Quantum computing startup inspired by Yale expertise announces new funding

A startup founded by scientists Michel Devoret, Luigi Frunzio, and Robert Schoelkopf has raised $18 million to build the first useful quantum computer.
Photo of Luigi Frunzio, Robert Schoelkopf, and Michel Devoret working in a Yale laboratory.

From left: Luigi Frunzio, Robert Schoelkopf, and Michel Devoret. (Photo by Brita Belli)

Quantum Circuits Inc. (QCI), a startup founded by Yale scientists Michel Devoret, Luigi Frunzio, and Robert Schoelkopf, has raised $18 million in venture funding to build and sell the first practical and useful quantum computers.

QCI will focus on building a modular quantum computer that can be reconfigured and reprogrammed, with initial applications to address drug design for biotech, improved processes for industrial chemicals, financial technology, machine learning, and energy. Quantum computing allows for computation speeds for some of these fields that are orders of magnitude faster than today’s supercomputers.

Quantum computing is a new paradigm, with new rules that allow us to process information in a completely new way,” said Schoelkopf, Sterling Professor of Applied Physics and Physics, who will take a leave of absence to assume the role of QCI CEO in January 2018. “We are at a tipping point in quantum technology where we understand how to build machines to tackle problems that are otherwise uncomputable.”

Yale researchers have pioneered the field of quantum computing with superconducting circuits, introducing the transmon qubit and techniques for distributing quantum information on wires, as well as developing the first quantum algorithms and quantum error correction in integrated circuits. QCI is developing quantum computers based on a proprietary approach for error-correcting quantum bits that is hardware-efficient and requires significantly less redundancy.

No team has done more to pioneer the superconducting approach to qubits than the QCI co-founders and their collaborators at Yale, who are responsible for a majority of the breakthroughs in solid-state quantum computing in the past decade,” said Isaac Chuang, professor of physics at MIT and a member of QCI’s advisory board. “Now QCI is putting together the multidisciplinary team that can deliver a full-stack solution for useful quantum computing.”

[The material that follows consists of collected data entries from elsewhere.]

-- ===== src/Samples.antt =====
-- A configuration, an environment in which nothing fails, and an empty store, for the tests.
use faircoin_bridge.Effects.{Fate}
use faircoin_bridge.FairWatcher.{Payment}
use faircoin_bridge.Models.Chain.{Burn, Log, TxVout}
use faircoin_bridge.Models.Deposit.{Deposit, DepositStatus}
use faircoin_bridge.Prelude.{[], false, if◌then◌else◌, none, some, true, ◌+◌, ◌/◌, ◌==◌, ◌∷◌}
use faircoin_bridge.Store.{Config, Env, HotWalletMode, MintMode, Store}

abbrev pub config : Config
config = record {
  mint_auth_mode = MintMode.direct_eoa;
  fair_hot_wallet_mode = HotWalletMode.node_wallet;
  has_bridge_key = true;
  max_tvl_fair = 1000;
  min_deposit_sats = 10;
  bridge_fee_bps = 30;
  fair_confirmations = 6;
  base_confirmations = 20;
  per_address_daily_cap_sats = 100;
  masternode_rewards_enabled = true;
  has_reward_address = true;
  rewards_interval_ms = 10;
  rewards_min_balance_sats = 20;
  rewards_payout_fee_sats = 1;
  has_buy_key = true;
  buy_slippage_buffer_bps = 200;
  buy_bridge_fee_bps = 100;
  buy_min_sats = 100_000_000;
  buy_max_sats = 100_000_000_000;
  buy_quote_ttl_seconds = 900;
  has_card_key = false;
  has_bridge_xpub = true;
  usdc_base_address = 81;
  wfair_contract_address = 82;
  admin_api_token = some (b'k' ∷ b'e' ∷ b'y' ∷ []);
  buyback_enabled = true;
  buyback_threshold_usdc = 1;
  buyback_burn_bps = 5_000;
  buyback_treasury_bps = 3_000;
  buyback_masternode_bps = 2_000;
  fair_burn_address = 70;
  fair_treasury_address = some 71;
  fair_masternode_reward_address = some 72;
}

-- Every call succeeds, and every transaction.
abbrev pub calm_env : Env
calm_env = record {
  fate = λ _. Fate.fine;
  now = λ n. n;
  hash = λ n. 1000 + n;
  receipt = λ _ _. record { success = true; block_number = 77 };
  safe_known = λ _ _. true;
  tx_known = λ _ _. true;
  is_valid_address = λ _ _. true;
  is_bytes32 = λ _. true;
  has_signature = λ _. true;
  total_supply = λ _. 0;
  aborted = λ _. false;
  base_tip = λ _. 100;
  fair_tip = λ _. 60;
  burn_logs = λ _ _ _. [];
  block_txs = λ _ _. [];
  address_text = λ bytes. bytes;
  masternodes = λ _. [];
  received_sats = λ _. 0;
  usdc_balance = λ _. 2_000_000;
  wfair_balance = λ n. n;
  usdc_allowance = λ _. 0;
  wfair_quote = λ _ usdc. usdc;
  payment_key_address = λ i. 500 + i;
  is_base_address = λ _. true;
  eth_balance_of = λ _ _. 0;
  usdc_balance_of = λ _ _. 900;
  wfair_balance_of = λ _ _. 800;
  usdc_allowance_of = λ _ _. 0;
  wallet_balance_sats = λ _. 500;
  deposit_key_address = λ i. 300 + i;
  is_bridge_xpub = true;
  is_buy_key = true;
  pool_token0 = λ _. 81;
  pool_token1 = λ _. 82;
  pool_fee = λ _. 3_000;
  quote_exact_output = λ _ _ _ _ wfair. wfair / 1_000_000_000_000;
  is_known_address = λ _ _. true;
}

abbrev pub empty_store : Store
empty_store = record {
  deposits = [];
  withdrawals = [];
  orders = [];
  buybacks = [];
  rewards = [];
  reserves = [];
  fair_deposit_next_index = 0;
  base_buy_payment_next_index = 0;
  fair_cursor = none;
  base_cursor = none;
  mint_jobs = [];
  release_jobs = [];
  buy_jobs = [];
  address_cache = [];
  cached_pool_meta = none;
  audit_log = [];
  alerts = [];
  mints = [];
  proposals = [];
  sends = [];
  swaps = [];
  burns = [];
  approvals = [];
  top_ups = [];
}

-- Block 50 pays 40 sats to address 6, which was given out for Base address 5.
abbrev pub payment : Payment
payment = record {
  fair_address = 6;
  fair_txid = 9;
  fair_vout = 0;
  fair_block_height = 50;
  fair_confirmations = 11;
  amount_sats = 40;
}

abbrev pub intent : Deposit
intent = record {
  base_address = 5;
  fair_address = 6;
  hd_index = some 0;
  status = DepositStatus.awaiting;
  fair_txid = none;
  fair_vout = none;
  fair_block_height = none;
  fair_confirmations = 0;
  amount_sats = 0;
  amount_wei = 0;
  base_mint_tx_hash = none;
  base_mint_block_number = none;
  safe_tx_hash = none;
  client_ip = none;
  created_at = 0;
}

abbrev pub output : TxVout
output = record { n = 0; sats = 40; addresses = 6 ∷ []; address = none }

abbrev pub pay_env : Env
pay_env = record calm_env {
  block_txs = λ _ h. if h == 50 then record { txid = 9; vout = output ∷ [] } ∷ [] else [];
}

-- Base has one burn, in block 65.
abbrev pub burn : Burn
burn = record { from = 5; amount = 400_000_000_000; faircoin_address = 6 }

abbrev pub log : Log
log = record {
  transaction_hash = some 60;
  log_index = some 2;
  block_number = some 65;
  burn = some burn;
}

-- `getLogs` gives every log that it knows, which leaves out none.
abbrev pub burn_env : Env
burn_env = record calm_env { burn_logs = λ _ _ _. log ∷ [] }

The new funding, led by venture capital firms Canaan and Sequoia Capital, will allow QCI to combine its deep experience in quantum physics with the electrical, mechanical, and systems engineers needed for the scaling of quantum computers, as well as the software designers and programmers needed to develop algorithms and applications.

Brendan Dickinson of Canaan and Bill Coughran of Sequoia are joining QCI’s board. Tribeca Venture Partners, Osage University Partners, and Fitzgate Ventures also participated in the financing.

Quantum Circuits is a case study on the advantages of Yale’s long-term approach to supporting the work of our research faculty,” said Jon Soderstrom, managing director of Yale’s Office of Cooperative Research. “We’ve worked closely with QCI’s scientific founders to position their research for commercial development outside the university, and are thrilled that this company joined the growing startup environment right here in New Haven.”

Devoret, the F.W. Beinecke Professor of Applied Physics and Physics; Frunzio, senior research scientist in the Department of Applied Physics; and Schoelkopf founded QCI in 2015. Brian Pusch is QCI’s president.

The group has produced many scientific firsts, including the development of a “quantum bus” for entangling qubits with wires, and the first implementation of quantum algorithms and error-correction with a solid-state device.